**Work instructions:** For each line of the data below that holds "HandshakeMessage", copy the line.

**Data shown:**
------------------------------------------------------------------------

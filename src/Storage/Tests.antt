-- ===== src/Storage/Tests.antt =====
-- Runs of platform/x86/hal_storage.c on a disk in memory, and its theorems at concrete files.
use asm_os.Prelude.{ℕ, ◌≡◌, refl, true, some, List, [], ◌∷◌, arith, replicate}
use asm_os.Prelude.CString.{codes}
use asm_os.Storage.{
  upper, take_base, skip_dot, take_ext, pad, fat_normalize, is_free, has_name, matches,
  fat_find_entry, fat_find_free_entry, name_entry, place_entry, Fs, ensure_ready, flush_from,
  fat_flush_root, plat_fs_read, write_data, choose_slot, plat_fs_write,
}
use asm_os.Storage.Ram.{ram}
use asm_os.Storage.Directory.{IsName}
use asm_os.Storage.Roundtrip.{plat_fs_read-write}

abbrev blank : Fs ram
blank = record {
  ready = true;
  fat = [];
  root = replicate 32 0 ∷ replicate 32 0 ∷ [];
  disk = λ k. [];
}

abbrev notes : List ℕ
notes = b'a' ∷ b'.' ∷ b't' ∷ []

notes-IsName : IsName (fat_normalize notes)
unfolding fat_normalize take_base skip_dot take_ext pad upper
notes-IsName = record {
  size = refl;
  used = ((λ e. absurd (omega arith)), (λ e. absurd (omega arith)));
}

written :
    plat_fs_write ram notes (1 ∷ 2 ∷ 3 ∷ []) blank
    ≡ (true, (plat_fs_write ram notes (1 ∷ 2 ∷ 3 ∷ []) blank).1)
unfolding plat_fs_write ensure_ready choose_slot place_entry write_data fat_flush_root fat_normalize
    take_base skip_dot take_ext pad upper fat_find_entry fat_find_free_entry flush_from matches
    is_free has_name name_entry
written = refl

plat_fs_read-write_example :
    (plat_fs_read ram notes 16 (plat_fs_write ram notes (1 ∷ 2 ∷ 3 ∷ []) blank).1).0
    ≡ some (1 ∷ 2 ∷ 3 ∷ [])
plat_fs_read-write_example =
    plat_fs_read-write ram notes (1 ∷ 2 ∷ 3 ∷ []) 16 blank
      (plat_fs_write ram notes (1 ∷ 2 ∷ 3 ∷ []) blank).1 refl (refl, (refl, tt)) notes-IsName
      (omega arith) (omega arith) (omega arith) written

normalised : fat_normalize notes ≡ codes "        A.T"
unfolding fat_normalize take_base skip_dot take_ext pad upper
normalised = refl

chosen :
    choose_slot ram (fat_normalize notes) blank.root
    ≡ some (0, name_entry (fat_normalize notes) (replicate 32 0) ∷ replicate 32 0 ∷ [])
unfolding choose_slot fat_find_entry fat_find_free_entry matches is_free has_name
chosen = refl
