-- ===== src/Streaming.antt =====
-- streaming.c: the stream of the screen, over the packets of transport.c.
--
-- The screen is the one of the x86 build. `fb` is the framebuffer, by the address of a byte in it.
-- The buffer of a chunk is written before it is sent, so only what is sent is kept.
mod Frames
mod Tests
use asm_os.Prelude.{
  ℕ, zero, suc, ◌+◌, ◌-◌, ◌*◌, ◌/◌, ◌%◌, Bool, true, false, not, ◌||◌, none, some, List, [], ◌∷◌,
  ◌++◌, ltb, if◌then◌else◌,
}
use asm_os.Video.{video_width, video_height, video_bpp}
use asm_os.Prelude.Words.{u32}
use asm_os.Transport.{
  Transport, max_payload, type_data, transport_init, transport_send, transport_receive,
}

abbrev pub chunk_header : ℕ
chunk_header = 8

abbrev pub chunk_payload : ℕ
chunk_payload = max_payload - chunk_header

pub data Quality : Type 0 where
  quality_low : Quality
  quality_med : Quality
  quality_high : Quality

pub record Streaming : Type 0 where
  pub initialized : Bool
  pub running : Bool
  pub quality : Quality
  pub passthrough : Bool
  pub frame_id : ℕ
  pub transport : Transport

pub streaming_init : Streaming → Streaming
streaming_init s = if s.initialized then s else record s {
  transport = transport_init s.transport;
  running = false;
  quality = quality_med;
  passthrough = false;
  frame_id = 0;
  initialized = true;
}

-- The result says if it is 0.
pub streaming_start : Streaming → Bool × Streaming
streaming_start s =
    if not s.initialized then (false, s) else (true, record s { running = true; frame_id = 0 })

pub streaming_stop : Streaming → Streaming
streaming_stop s = record s { running = false }

abbrev pub effective_width : Quality → ℕ
effective_width quality_low = video_width / 2
effective_width quality_med = video_width
effective_width quality_high = video_width

abbrev pub effective_height : Quality → ℕ
effective_height quality_low = video_height / 2
effective_height quality_med = video_height
effective_height quality_high = video_height

-- The address of a byte of the frame on the screen: at the low quality every second pixel of every
-- second row is taken.
pub phys : Quality → ℕ → ℕ
phys quality_low pix =
    let row = pix / video_bpp / effective_width quality_low in
    let col = pix / video_bpp % effective_width quality_low in
    (row * 2 * video_width + col * 2) * video_bpp + pix % video_bpp
phys quality_med pix = pix
phys quality_high pix = pix

-- The loop that copies `n` bytes of the frame from the byte `offset` on.
pub copy_bytes : Quality → (ℕ → ℕ) → ℕ → ℕ → List ℕ
copy_bytes q fb zero offset = []
copy_bytes q fb (suc n) offset = fb (phys q offset) ∷ copy_bytes q fb n (offset + 1)

-- The eight bytes before a chunk.
pub chunk_head : ℕ → ℕ → ℕ → List ℕ
chunk_head frame_id idx n_chunks =
    frame_id % 256
    ∷ frame_id / 256 % 256
    ∷ frame_id / 65536 % 256
    ∷ frame_id / 16777216 % 256
    ∷ idx % 256
    ∷ idx / 256 % 256
    ∷ n_chunks % 256
    ∷ n_chunks / 256 % 256
    ∷ []

abbrev pub total_bytes : Quality → ℕ
total_bytes q = effective_width q * video_bpp * effective_height q

abbrev pub chunks_of : Quality → ℕ
chunks_of q = (total_bytes q + chunk_payload - 1) / chunk_payload

-- The length of the chunk at `offset`.
pub to_copy : Quality → ℕ → ℕ
to_copy q offset =
    if ltb (total_bytes q) (offset + chunk_payload) then total_bytes q - offset else chunk_payload

pub streaming_set_quality : ℕ → Streaming → Streaming
streaming_set_quality zero s = record s { quality = quality_low }
streaming_set_quality (suc zero) s = record s { quality = quality_med }
streaming_set_quality (suc (suc zero)) s = record s { quality = quality_high }
streaming_set_quality (suc (suc (suc n))) s = s

pub streaming_set_passthrough : Bool → Streaming → Streaming
streaming_set_passthrough on s = record s { passthrough = on }

pub streaming_active : Streaming → Bool
streaming_active s = s.running

module _ (net_send : List (List ℕ) → List ℕ → Bool) (fb : ℕ → ℕ) where
  -- The loop over the last `n` chunks. The result says if each was sent.
  pub send_chunks : Quality → ℕ → ℕ → ℕ → ℕ → Transport → Bool × Transport
  send_chunks q frame_id zero idx offset t = (true, t)
  send_chunks q frame_id (suc n) idx offset t =
      let len = to_copy q offset in
      let chunk = chunk_head frame_id idx (chunks_of q) ++ copy_bytes q fb len offset in
      let r = transport_send net_send type_data (some chunk) (chunk_header + len) t in
      elim r.0 [
        | none ↦ (false, r.1)
        | some sent ↦ send_chunks q frame_id n (idx + 1) (offset + len) r.1
      ]

  -- `arrived` is what the network has to give to the receive of the passthrough.
  pub streaming_capture_and_send : List ℕ → Streaming → Bool × Streaming
  streaming_capture_and_send arrived s =
      if not s.initialized || not s.running
      then (false, s)
      else (let r = send_chunks s.quality s.frame_id (chunks_of s.quality) 0 0 s.transport in
          if not r.0 then (false, record s { transport = r.1 }) else (
            true,
            record s {
              frame_id = u32 (s.frame_id + 1);
              transport =
                  if s.passthrough then (transport_receive net_send arrived true 64 r.1).1 else r.1;
            },
          ))
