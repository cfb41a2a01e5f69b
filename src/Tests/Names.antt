-- ===== src/Tests/Names.antt =====
-- Route names, targets, path patterns and public hosts.
use routeup.Base.{
  Text, All, In, pos, ok, codes, ◌≡◌, refl, ◌↔◌, ◌⊎◌, true, some, List, [], ◌∷◌, ◌++◌, text_eq,
}
use routeup.Tests.{plain}
use routeup.Route.Name.{Name, parse, to_string, local_host, route_name_from_host, validate_labels}
use routeup.Route.Name.Laws.{IsValid, IsLabel, parse-IsValid, parse-to_string}
use routeup.Route.Target.{
  Target, root, normalize_targets, target_path_matches, rooted, match_target, trim_path_slash,
  normalize_target_path, normalize_target,
}
use routeup.Route.Pattern.{
  path_allowed, all_paths, ambiguous_decoded_path, path_unescape, escaped_path, contains_text,
  decodes_safely, unambiguous_request_path, pattern_covers,
}
use routeup.Route.Pattern.Safety.{path_allowed-safe, IsPlain, Covered}
use routeup.Server.Host.{validate_label, validate_dns_name}
use routeup.Strings.{
  to_lower, trim_space, valid_string, has_control, has_prefix, cut_suffix, has_suffix,
  contains_byte, contains_any, split,
}
use routeup.Server.Host.Laws.{IsDnsName, server-IsLabel_sound, validate_dns_name_sound}
use routeup.Server.Allow.{AllowPattern}

abbrev web : Name
web = record { labels = codes "api" ∷ codes "myapp" ∷ [] }

parses_web : parse plain (codes "API.myapp") ≡ ok web
unfolding parse routeup.Base.text_eq to_lower routeup.Strings.has_suffix
    routeup.Route.Name.validate_labels routeup.Strings.split
parses_web = refl

web-IsValid : IsValid web
web-IsValid = parse-IsValid plain (codes "API.myapp") web parses_web

parse-to_string_example : parse plain (to_string web) ≡ ok web
parse-to_string_example = parse-to_string plain web web-IsValid

abbrev front : Target
front = record { path = root; port = pos 3000 }

abbrev back : Target
back = record { path = codes "/api"; port = pos 8080 }

abbrev given_targets : List Target
given_targets = front ∷ record { path = codes " /api/ "; port = pos 8080 } ∷ []

abbrev two_targets : List Target
two_targets = front ∷ back ∷ []

normal_targets : normalize_targets plain given_targets ≡ ok two_targets
unfolding normalize_targets routeup.Route.Target.normalize_target
    routeup.Route.Target.normalize_target_path routeup.Strings.valid_string
    routeup.Strings.has_control routeup.Base.text_eq trim_space routeup.Strings.has_prefix
    routeup.Strings.contains_any routeup.Route.Target.trim_path_slash
normal_targets = refl

abbrev hooks : List Text
hooks = codes "/hooks/*" ∷ []

hooks_allowed : path_allowed plain hooks (codes "/hooks/stripe") [] ≡ true
unfolding path_allowed routeup.Base.text_eq routeup.Route.Pattern.unambiguous_request_path
    routeup.Route.Pattern.ambiguous_decoded_path routeup.Strings.contains_byte rooted
    routeup.Strings.has_prefix routeup.Strings.split routeup.Route.Pattern.decodes_safely
    routeup.Route.Pattern.contains_text to_lower routeup.Route.Pattern.escaped_path
    routeup.Route.Pattern.path_unescape routeup.Route.Pattern.pattern_covers
    routeup.Strings.cut_suffix target_path_matches
hooks_allowed = refl

abbrev Safe : List Text → Text → Type 0
Safe patterns path =
    (patterns ≡ [])
    ⊎ In all_paths patterns
    ⊎ (IsPlain (rooted path) []
        × (pattern : Text) × In pattern patterns
        × Covered (rooted path) pattern)

path_allowed-safe_example : Safe hooks (codes "/hooks/stripe")
path_allowed-safe_example = path_allowed-safe plain hooks (codes "/hooks/stripe") [] hooks_allowed

abbrev alice : AllowPattern
alice = record { suffix = codes "alice.routeup.dev" }

alice_dns : IsDnsName (codes "alice.routeup.dev")
unfolding validate_dns_name routeup.Base.text_eq routeup.Strings.split
alice_dns = validate_dns_name_sound (codes "alice.routeup.dev") refl

blog-IsLabel : IsLabel (codes "blog")
unfolding validate_label
blog-IsLabel = server-IsLabel_sound (codes "blog") refl
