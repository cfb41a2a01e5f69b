-- ===== src/Tunnel/Client.antt =====
-- internal/tunnel/client.go, with its waits of timeouts.go, in milliseconds: the reconnect loop around
-- one session, and what the client makes of the server's reply. How a session went is an argument:
-- the transport, yamux and net/http stand behind it.
pub mod Backoff
pub mod Hosts
use routeup.Base.{
  Text, ltb, leb, ◌==◌, if◌then◌else◌, length, Result, ok, fail_if, ◌>>◌, codes, text_eq, ℕ, ◌+◌,
  ◌*◌, Bool, true, false, not, ◌&&◌, ◌||◌, List, [], ◌∷◌,
}
use routeup.Strings.{split, has_prefix, has_suffix}

abbrev pub base_backoff : ℕ
base_backoff = 500

abbrev pub max_backoff : ℕ
max_backoff = 30000

-- How connectAndServe ended: with a PermanentError, or with any other error.
pub data SessionEnd : Type 0 where
  transient permanent : SessionEnd

-- One round of Run's loop: whether the context was done after the session, and in the wait.
pub record Attempt : Type 0 where
  pub outcome : SessionEnd
  pub done_after : Bool
  pub done_in_wait : Bool

pub data RunEnd : Type 0 where
  running cancelled rejected : RunEnd

-- What Run did: the waits that it began, how often it called onDisconnected, and how it ended.
pub record Ran : Type 0 where
  pub waits : List ℕ
  pub disconnected : ℕ
  pub ending : RunEnd

-- The doubling of the backoff, up to its bound.
abbrev pub next_backoff : ℕ → ℕ
next_backoff b = if ltb max_backoff (b * 2) then max_backoff else b * 2

-- Run's loop, with a backoff.
unfoldable pub run_from : ℕ → List Attempt → Ran
run_from b [] = record { waits = []; disconnected = 0; ending = running }
run_from b (a ∷ more) =
    let rest = run_from (next_backoff b) more in
    if a.done_after
    then record { waits = []; disconnected = 0; ending = cancelled }
    else elim a.outcome [
      | permanent ↦ record { waits = []; disconnected = 1; ending = rejected }
      | transient ↦
          if a.done_in_wait
          then record { waits = b ∷ []; disconnected = 1; ending = cancelled }
          else record {
            waits = b ∷ rest.waits;
            disconnected = rest.disconnected + 1;
            ending = rest.ending;
          }
    ]

-- func (c *Client) Run
unfoldable pub run : List Attempt → Ran
unfolding run_from
run attempts = run_from base_backoff attempts

abbrev pub first_byte : Text → ℕ
first_byte [] = 0
first_byte (c ∷ s) = c

abbrev pub last_byte : Text → ℕ
last_byte [] = 0
last_byte (c ∷ []) = c
last_byte (c ∷ d ∷ s) = last_byte (d ∷ s)

abbrev pub host_byte : ℕ → Bool
host_byte r =
    leb b'a' r && leb r b'z'
    || (leb b'A' r && leb r b'Z' || (leb b'0' r && leb r b'9' || r == b'-'))

-- The inner loop of validGrantedHost; a rune that is not ASCII starts with no such byte.
unfoldable pub host_bytes : Text → Bool
host_bytes [] = true
host_bytes (r ∷ label) = let rest = host_bytes label in if host_byte r then rest else false

-- The outer loop of validGrantedHost.
unfoldable pub host_labels : List Text → Bool
unfolding host_bytes
host_labels [] = true
host_labels (label ∷ labels) =
    let rest = host_labels labels in
    if length label == 0
      || (ltb 63 (length label) || (first_byte label == b'-' || last_byte label == b'-'))
    then false
    else if host_bytes label
    then rest
    else false

-- func validGrantedHost
unfoldable pub valid_granted_host : Text → Bool
unfolding host_labels
valid_granted_host host =
    if text_eq host []
      || (ltb 253 (length host) || (has_prefix (b'.' ∷ []) host || has_suffix (b'.' ∷ []) host))
    then false
    else host_labels (split b'.' host)

-- type HandshakeMessage, as a reply
pub record HandshakeMessage : Type 0 where
  pub type : Text
  pub granted : Text
  pub error : Text

pub data PermanentError : Type 0 where
  claim_rejected : Text → PermanentError
  invalid_host : PermanentError

-- handshake's test of the reply
unfoldable pub accept_reply : HandshakeMessage → Result PermanentError Text
unfolding valid_granted_host
accept_reply reply = do
  fail_if (not (text_eq reply.type (codes "claim_ok"))) (claim_rejected reply.error)
  fail_if (not (valid_granted_host reply.granted)) invalid_host
  ok reply.granted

------------------------------------------------------------------------

**Expected answer:**
-- type HandshakeMessage, as a reply
pub record HandshakeMessage : Type 0 where
unfoldable pub accept_reply : HandshakeMessage → Result PermanentError Text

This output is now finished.